FORT SEVERN FN, THUNDER BAY – Fallout continues between First Nations and senior governments. The Band Council in Fort Severn First Nation has told the Ontario Geological Survey that the First Nation has formally withdrawn its permission for geological surveys. The move by Fort Severn will last until the Ontario and Canadian governments recognize a government-to-government relationship with First Nations.
Fort Severn First Nation one of many more
First Nations across the north are re-examining their relationship with the Ontario and Canadian governments as a result of concerns raised by a lack of action by the federal government.

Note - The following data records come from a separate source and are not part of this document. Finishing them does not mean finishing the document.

-- ===== src/Pipelines/Chunking.antt =====
-- app/pipelines/chunking.py: documents into chunks.
pub mod Window
pub mod Tables
pub mod Bounds
use be25_fin_thanos_meetbowl.Prelude.{
  ℕ, ◌+◌, Bool, true, false, not, ◌&&◌, ◌||◌, List, [], ◌∷◌, ◌++◌, map, ltb, leb, nat_beq,
  if◌then◌else◌, nat_eq, contains, length, take, drop, null, all,
}
use be25_fin_thanos_meetbowl.Text.{Text, codes, strip, split_on, splitlines, starts_with, join}
use be25_fin_thanos_meetbowl.Errors.{◌>>=◌, Raises, returned, raised, other}
use be25_fin_thanos_meetbowl.Schemas.Indexing.{DocumentChunk}
use be25_fin_thanos_meetbowl.Pipelines.Chunking.Window.{split_plain_window}

-- `[s.strip() for s in pieces if s.strip()]`
unfoldable pub strip_all : List Text → List Text
strip_all [] = []
strip_all (s ∷ rest) = if null (strip s) then strip_all rest else strip s ∷ strip_all rest

-- `line.strip("|")`
unfoldable pub strip_bars_left : Text → Text
strip_bars_left [] = []
strip_bars_left (c ∷ s) = if nat_beq c b'|' then strip_bars_left s else c ∷ s

abbrev pub keep_bar : ℕ → Text → Text
keep_bar c [] = if nat_beq c b'|' then [] else c ∷ []
keep_bar c (d ∷ r) = c ∷ d ∷ r

unfoldable pub strip_bars_right : Text → Text
strip_bars_right [] = []
strip_bars_right (c ∷ s) = keep_bar c (strip_bars_right s)

-- `cell and set(cell) <= {"-", ":"} and "-" in cell`
unfoldable pub is_rule_cell : Text → Bool
is_rule_cell cell =
    not (null cell) && all (λ c. nat_beq c b'-' || nat_beq c b':') cell && contains b'-' cell

unfoldable pub is_markdown_separator : Text → Bool
unfolding is_rule_cell strip_bars_left strip_bars_right strip
is_markdown_separator line =
    let cells = map strip (split_on (codes "|") (strip_bars_right (strip_bars_left line))) in
    not (null cells) && all is_rule_cell cells

abbrev pub ends_with_bar : Text → Bool
ends_with_bar [] = false
ends_with_bar (c ∷ []) = nat_beq c b'|'
ends_with_bar (c ∷ d ∷ s) = ends_with_bar (d ∷ s)

abbrev pub any_separator : List Text → Bool
any_separator [] = false
any_separator (line ∷ lines) = is_markdown_separator line || any_separator lines

unfoldable pub is_markdown_table : Text → Bool
unfolding strip_all splitlines is_markdown_separator
is_markdown_table block =
    let lines = strip_all (splitlines block) in
    leb 2 (length lines)
    && all (λ line. starts_with (codes "|") line && ends_with_bar line) lines
    && any_separator (take 3 lines)

-- `next((index …), 1)` over the first three lines
unfoldable pub separator_index : ℕ → List Text → ℕ
separator_index index [] = 1
separator_index index (line ∷ lines) =
    if is_markdown_separator line then index else separator_index (index + 1) lines

abbrev pub lines_text : List Text → Text
lines_text lines = join (codes "\n") lines

-- The rows from `current` on. `filled` says whether a chunk was made before.
unfoldable pub table_chunks : ℕ → List Text → List Text → Bool → List Text → List Text
table_chunks max_chars header current filled [] =
    if ltb (length header) (length current)
    then lines_text current ∷ []
    else if filled
    then []
    else lines_text header ∷ []
table_chunks max_chars header current filled (row ∷ rows) =
    elim (leb (length (lines_text (current ++ row ∷ []))) max_chars) [
      | true ↦ table_chunks max_chars header (current ++ row ∷ []) filled rows
      | false ↦ elim (ltb (length header) (length current)) [
        | true ↦ elim (ltb max_chars (length (lines_text (header ++ row ∷ [])))) [
          | true ↦
              lines_text current
              ∷ (split_plain_window row max_chars 0
                  ++ table_chunks max_chars header header true rows)
          | false ↦
              lines_text current ∷ table_chunks max_chars header (header ++ row ∷ []) true rows
        ]
        | false ↦
            split_plain_window row max_chars 0
            ++ table_chunks max_chars header header
                (filled || not (null (split_plain_window row max_chars 0))) rows
      ]
    ]

unfoldable pub split_markdown_table : Text → ℕ → List Text
split_markdown_table block max_chars =
    let lines = strip_all (splitlines block) in
    let index = separator_index 0 (take 3 lines) in
    let header = take (index + 1) lines in
    let rows = drop (index + 1) lines in
    if leb max_chars (length (lines_text header))
    then split_plain_window block max_chars 0
    else table_chunks max_chars header header false rows

-- The second argument is never negative in the model, so that its check is absent.
unfoldable pub split_long_block : Text → ℕ → ℕ → Raises (List Text)
split_long_block block max_chars overlap_chars =
    if leb max_chars 0
    then raised (other (codes "ValueError"))
    else if leb max_chars overlap_chars
    then raised (other (codes "ValueError"))
    else if is_markdown_table block
    then returned (split_markdown_table block max_chars)
    else returned (split_plain_window block max_chars overlap_chars)

abbrev pub candidate_of : Text → Text → Text
candidate_of [] block = block
candidate_of (c ∷ current) block = (c ∷ current) ++ (codes "\n\n" ++ block)

-- `if current: chunks.append(current)`
abbrev pub flush : Text → List Text → List Text
flush [] chunks = chunks
flush (c ∷ current) chunks = (c ∷ current) ∷ chunks

-- The loop over the blocks, and the last flush.
unfoldable pub block_chunks : ℕ → ℕ → Text → List Text → Raises (List Text)
block_chunks max_chars overlap_chars current [] = returned (flush current [])
block_chunks max_chars overlap_chars current (block ∷ blocks) =
    elim (leb (length (candidate_of current block)) max_chars) [
      | true ↦ block_chunks max_chars overlap_chars (candidate_of current block) blocks
      | false ↦ elim (leb (length block) max_chars) [
        | true ↦ do
          chunks ← block_chunks max_chars overlap_chars block blocks
          returned (flush current chunks)
        | false ↦ do
          pieces ← split_long_block block max_chars overlap_chars
          chunks ← block_chunks max_chars overlap_chars [] blocks
          returned (flush current (pieces ++ chunks))
      ]
    ]

-- `DocumentChunk(…)` for each chunk. A content without characters does not pass the schema; the text to
-- embed always has some.
unfoldable pub enumerate : Text → ℕ → List Text → Raises (List DocumentChunk)
enumerate title index [] = returned []
enumerate title index (chunk ∷ chunks) =
    let rest = enumerate title (index + 1) chunks in
    if null chunk then raised (other (codes "ValidationError")) else (do
      others ← rest
      returned (
          record {
            chunk_index = index;
            content = chunk;
            embedding_text = title ++ (codes "\n\n" ++ chunk);
          }
          ∷ others))

unfoldable pub split_document_into_chunks : Text → Text → ℕ → ℕ → Raises (List DocumentChunk)
unfolding strip_all
split_document_into_chunks title content max_chars overlap_chars = do
  chunks ← block_chunks max_chars overlap_chars [] (strip_all (split_on (codes "\n\n") content))
  enumerate title 0 chunks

Idle No More is coordinating efforts across Canada, and in Thunder Bay, and a large part of the focus is on environmental issues, and on a resource sharing agreement between First Nations and the Ontario and Canadian governments.

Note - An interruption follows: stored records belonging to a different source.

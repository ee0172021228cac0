-- ===== src/Pipelines/Chunking/Tables.antt =====
-- The pieces of a long Markdown table.
use be25_fin_thanos_meetbowl.Prelude.{
  ℕ, zero, suc, ◌&&◌, null, length-append, ◌+◌, ◌≤◌, ◌≡◌, refl, inl, inr, Bool, true, false, List,
  [], ◌∷◌, ◌++◌, arith, ltb, leb, if◌then◌else◌, leb→le, not-ltb→le, tests, Bool-cases, nat_eq,
  list_eq, option_eq, pair_eq, length, take, drop, All, All-append,
}
use be25_fin_thanos_meetbowl.Text.{Text, codes, strip, join, splitlines}
use be25_fin_thanos_meetbowl.Pipelines.Chunking.Window.{
  Fits, split_plain_window, split_plain_window-Fits,
}
use be25_fin_thanos_meetbowl.Pipelines.Chunking.{
  strip_all, is_markdown_table, separator_index, lines_text, table_chunks, split_markdown_table,
}

length-append-le : (x y z : Text) → length x ≤ length (x ++ y ++ z)
length-append-le x y z = omega (arith, length-append x y, length-append (x ++ y) z)

length-append_mono : (x y z : Text) → length y ≤ length z → length (x ++ y) ≤ length (x ++ z)
length-append_mono x y z h = omega (arith, length-append x y, length-append x z)

length-lines_text-snoc :
    (lines : List Text) (row : Text)
    → length (lines_text lines) ≤ length (lines_text (lines ++ row ∷ []))
unfolding join
length-lines_text-snoc [] row = omega arith
length-lines_text-snoc (x ∷ []) row = length-append-le x (codes "\n") row
length-lines_text-snoc (x ∷ y ∷ ys) row =
    length-append_mono (x ++ codes "\n") _ _ (length-lines_text-snoc (y ∷ ys) row)

abbrev IsFilled : Text → Type 0
IsFilled text = 1 ≤ length text

null-filled : (text : Text) → null text ≡ false → 1 ≤ length text
null-filled [] h = cc
null-filled (c ∷ text) h = omega arith

strip_all-IsFilled : (pieces : List Text) → All IsFilled (strip_all pieces)
unfolding strip_all
strip_all-IsFilled [] = tt
strip_all-IsFilled (s ∷ rest) = elim (Bool-cases (null (strip s))) [
  | inl empty ↦ rw empty (strip_all-IsFilled rest)
  | inr full ↦ rw full (null-filled (strip s) full, strip_all-IsFilled rest)
]

length-lines_text-head :
    (line : Text) (lines : List Text) → length line ≤ length (lines_text (line ∷ lines))
unfolding join
length-lines_text-head line [] = omega arith
length-lines_text-head line (y ∷ ys) = length-append-le line (codes "\n") (lines_text (y ∷ ys))

header-filled :
    (count : ℕ) (lines : List Text)
    → 1 ≤ count
    → 2 ≤ length lines
    → All IsFilled lines
    → 1 ≤ length (lines_text (take count lines))
header-filled zero lines g h k = ground arith
header-filled (suc index) [] g h k = ground arith
header-filled (suc index) (line ∷ lines) g h k =
    omega (arith, k.0, length-lines_text-head line (take index lines))

table_chunks-Fits :
    (n : ℕ) (header current : List Text) (filled : Bool) (rows : List Text)
    → (1 ≤ length (lines_text header)) × (length (lines_text header) ≤ n)
    → (1 ≤ length (lines_text current)) × (length (lines_text current) ≤ n)
    → Fits n (table_chunks n header current filled rows)
unfolding table_chunks
table_chunks-Fits n header current filled [] h c =
    elim (Bool-cases (ltb (length header) (length current))) [
      | inl longer ↦ rw longer (c, tt)
      | inr bare ↦
          rw bare (elim filled as (λ b. Fits n (if b then [] else lines_text header ∷ [])) [
            | true ↦ tt
            | false ↦ (h, tt)
          ])
    ]
table_chunks-Fits n header current filled (row ∷ rows) h c =
    elim (Bool-cases (leb (length (lines_text (current ++ row ∷ []))) n)) [
      | inl fits ↦
          rw (fits, table_chunks)
            (table_chunks-Fits n header (current ++ row ∷ []) filled rows h
              (omega (arith, c.0, length-lines_text-snoc current row), leb→le _ _ fits))
      | inr over ↦ elim (Bool-cases (ltb (length header) (length current))) [
        | inl longer ↦ elim (Bool-cases (ltb n (length (lines_text (header ++ row ∷ []))))) [
          | inl wide ↦
              rw (over, longer, wide, table_chunks)
                (
                  c,
                  All-append _ (split_plain_window row n 0) _ (split_plain_window-Fits row n 0)
                      (table_chunks-Fits n header header true rows h h),
                )
          | inr narrow ↦
              rw (over, longer, narrow, table_chunks)
                (
                  c,
                  table_chunks-Fits n header (header ++ row ∷ []) true rows h (
                    omega (arith, h.0, length-lines_text-snoc header row),
                    not-ltb→le _ _ narrow,
                  ),
                )
        ]
        | inr bare ↦
            rw (over, bare, table_chunks)
              (All-append _ (split_plain_window row n 0) _ (split_plain_window-Fits row n 0)
                (table_chunks-Fits n header header _ rows h h))
      ]
    ]

and-first : (a b : Bool) → (a && b) ≡ true → a ≡ true
and-first true b h = refl
and-first false b h = h

pub split_markdown_table-Fits :
    (block : Text) (n : ℕ) → is_markdown_table block ≡ true → Fits n (split_markdown_table block n)
unfolding split_markdown_table is_markdown_table
split_markdown_table-Fits block n table =
    let lines = strip_all (splitlines block) in
    let index = separator_index 0 (take 3 lines) in
    let header = take (index + 1) lines in
    elim (Bool-cases (leb n (length (lines_text header)))) [
      | inl long ↦ rw long (split_plain_window-Fits block n 0)
      | inr short ↦
          let several : 2 ≤ length lines = leb→le _ _ (and-first _ _ (and-first _ _ table)) in
          let fits : (1 ≤ length (lines_text header)) × (length (lines_text header) ≤ n) = (
            header-filled (index + 1) lines (omega arith) several
                (strip_all-IsFilled (splitlines block)),
            omega (tests, short),
          ) in
          rw short (table_chunks-Fits n header header false (drop (index + 1) lines) fits fits)
    ]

Nation to Nation Relationship Sought
Deputy Chief Joseph Crowe states, “The people of Fort Severn are dissatisfied with the slow reaction of the Canadian and Ontario governments to respond to the Idle No More movement and the hunger fast of Chief Theresa Spence. As a signatory of Treaty No. 9, Ontario has a responsibility to respond to the demands of the First Nations for a treaty relationship”.

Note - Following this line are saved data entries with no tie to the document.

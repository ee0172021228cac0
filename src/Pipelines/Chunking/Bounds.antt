-- ===== src/Pipelines/Chunking/Bounds.antt =====
-- The chunks of a document: their sizes and their numbers.
use be25_fin_thanos_meetbowl.Prelude.{
  ℕ, ◌+◌, ◌≤◌, ◌<◌, ◌≡◌, refl, inl, inr, false, List, [], ◌∷◌, ◌++◌, arith, leb, leb→le, Bool-cases,
  nat_eq, list_eq, option_eq, pair_eq, length, All-append,
}
use be25_fin_thanos_meetbowl.Text.{Text, codes, split_on}
use be25_fin_thanos_meetbowl.Errors.{returned}
use be25_fin_thanos_meetbowl.Schemas.Indexing.{DocumentChunk}
use be25_fin_thanos_meetbowl.Pipelines.Chunking.Window.{
  Fits, split_plain_window, split_plain_window-Fits,
}
use be25_fin_thanos_meetbowl.Pipelines.Chunking.{
  strip_all, is_markdown_table, split_markdown_table, split_long_block, candidate_of, flush,
  block_chunks, enumerate, split_document_into_chunks,
}
use be25_fin_thanos_meetbowl.Pipelines.Chunking.Tables.{split_markdown_table-Fits}

-- What `split_long_block` returns with a usable configuration.
split_long_block-Fits :
    (block : Text) (n overlap : ℕ)
    → overlap < n
    → (pieces : List Text) × (split_long_block block n overlap ≡ returned pieces) × Fits n pieces
unfolding split_long_block
split_long_block-Fits block n overlap h =
    let positive : leb n 0 ≡ false = ground arith in
    let larger : leb n overlap ≡ false = ground arith in
    elim (Bool-cases (is_markdown_table block)) [
      | inl table ↦ (
        split_markdown_table block n,
        rw (positive, larger, table) refl,
        split_markdown_table-Fits block n table,
      )
      | inr plain ↦ (
        split_plain_window block n overlap,
        rw (positive, larger, plain) refl,
        split_plain_window-Fits block n overlap,
      )
    ]

flush-Fits :
    (n : ℕ) (current : Text) (chunks : List Text)
    → length current ≤ n
    → Fits n chunks
    → Fits n (flush current chunks)
flush-Fits n [] chunks h k = k
flush-Fits n (c ∷ current) chunks h k = ((omega arith, h), k)

block_chunks-Fits :
    (n overlap : ℕ) (current : Text) (blocks : List Text)
    → overlap < n
    → length current ≤ n
    → (chunks : List Text) × (block_chunks n overlap current blocks ≡ returned chunks)
      × Fits n chunks
unfolding block_chunks
block_chunks-Fits n overlap current [] h c = (flush current [], refl, flush-Fits n current [] c tt)
block_chunks-Fits n overlap current (block ∷ blocks) h c =
    elim (Bool-cases (leb (length (candidate_of current block)) n)) [
      | inl fits ↦
          rw (fits, block_chunks)
            (block_chunks-Fits n overlap (candidate_of current block) blocks h (leb→le _ _ fits))
      | inr over ↦ elim (Bool-cases (leb (length block) n)) [
        | inl short ↦
            let (chunks, same, ok) =
              block_chunks-Fits n overlap block blocks h (leb→le _ _ short) in
            (
              flush current chunks,
              rw (over, short, same, block_chunks) refl,
              flush-Fits n current chunks c ok,
            )
        | inr long ↦
            let (pieces, split, fit) = split_long_block-Fits block n overlap h in
            let (chunks, same, ok) = block_chunks-Fits n overlap [] blocks h (omega arith) in
            (
              flush current (pieces ++ chunks),
              rw (over, long, split, same, block_chunks) refl,
              flush-Fits n current (pieces ++ chunks) c (All-append _ pieces chunks fit ok),
            )
      ]
    ]

-- Numbered from `index` on, not empty, within the limit, and embedded with the title in front.
abbrev pub AreChunks : ℕ → Text → ℕ → List DocumentChunk → Type 0
AreChunks n title index [] = Unit
AreChunks n title index (chunk ∷ chunks) =
    (chunk.chunk_index ≡ index)
    × ((1 ≤ length chunk.content) × (length chunk.content ≤ n))
    × (chunk.embedding_text ≡ title ++ (codes "\n\n" ++ chunk.content))
    × AreChunks n title (index + 1) chunks

enumerate-AreChunks :
    (n : ℕ) (title : Text) (index : ℕ) (chunks : List Text)
    → Fits n chunks
    → (numbered : List DocumentChunk) × (enumerate title index chunks ≡ returned numbered)
      × AreChunks n title index numbered
unfolding enumerate
enumerate-AreChunks n title index [] h = ([], refl, tt)
enumerate-AreChunks n title index ([] ∷ chunks) h = ground arith
enumerate-AreChunks n title index ((c ∷ chunk) ∷ chunks) h =
    let (others, same, are) = enumerate-AreChunks n title (index + 1) chunks h.1 in
    (
      record {
        chunk_index = index;
        content = c ∷ chunk;
        embedding_text = title ++ (codes "\n\n" ++ c ∷ chunk);
      }
          ∷ others,
      rw (same, enumerate) refl,
      (refl, h.0, refl, are),
    )

-- With an overlap below the limit, every document is split without an error; the chunks are numbered
-- 0, 1, 2, …, none is empty or longer than the limit, and each one is embedded as the title, an empty line and
-- its content.
pub split_document-AreChunks :
    (title content : Text) (max_chars overlap_chars : ℕ)
    → overlap_chars < max_chars
    → (chunks : List DocumentChunk) × (split_document_into_chunks title content max_chars
          overlap_chars
        ≡ returned chunks)
      × AreChunks max_chars title 0 chunks
unfolding split_document_into_chunks
split_document-AreChunks title content n overlap h =
    let (chunks, same, fits) =
      block_chunks-Fits n overlap [] (strip_all (split_on (codes "\n\n") content)) h
        (omega arith) in
    let (numbered, all_valid, are) = enumerate-AreChunks n title 0 chunks fits in
    (numbered, rw same all_valid, are)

The keys to moving forward in the north for mineral extraction are going to be in building solid relationships with First Nations.
The Ontario Ministry of Northern Development and Mines has instructed the company which was doing aerial surveys of the lands in the Fort Severn region to halt operations.
Fort Severn First Nation, is a Cree nation located on the shore of the Severn River near the Hudson Bay. The community is a member of NAN, and a signatory to Treaty 9.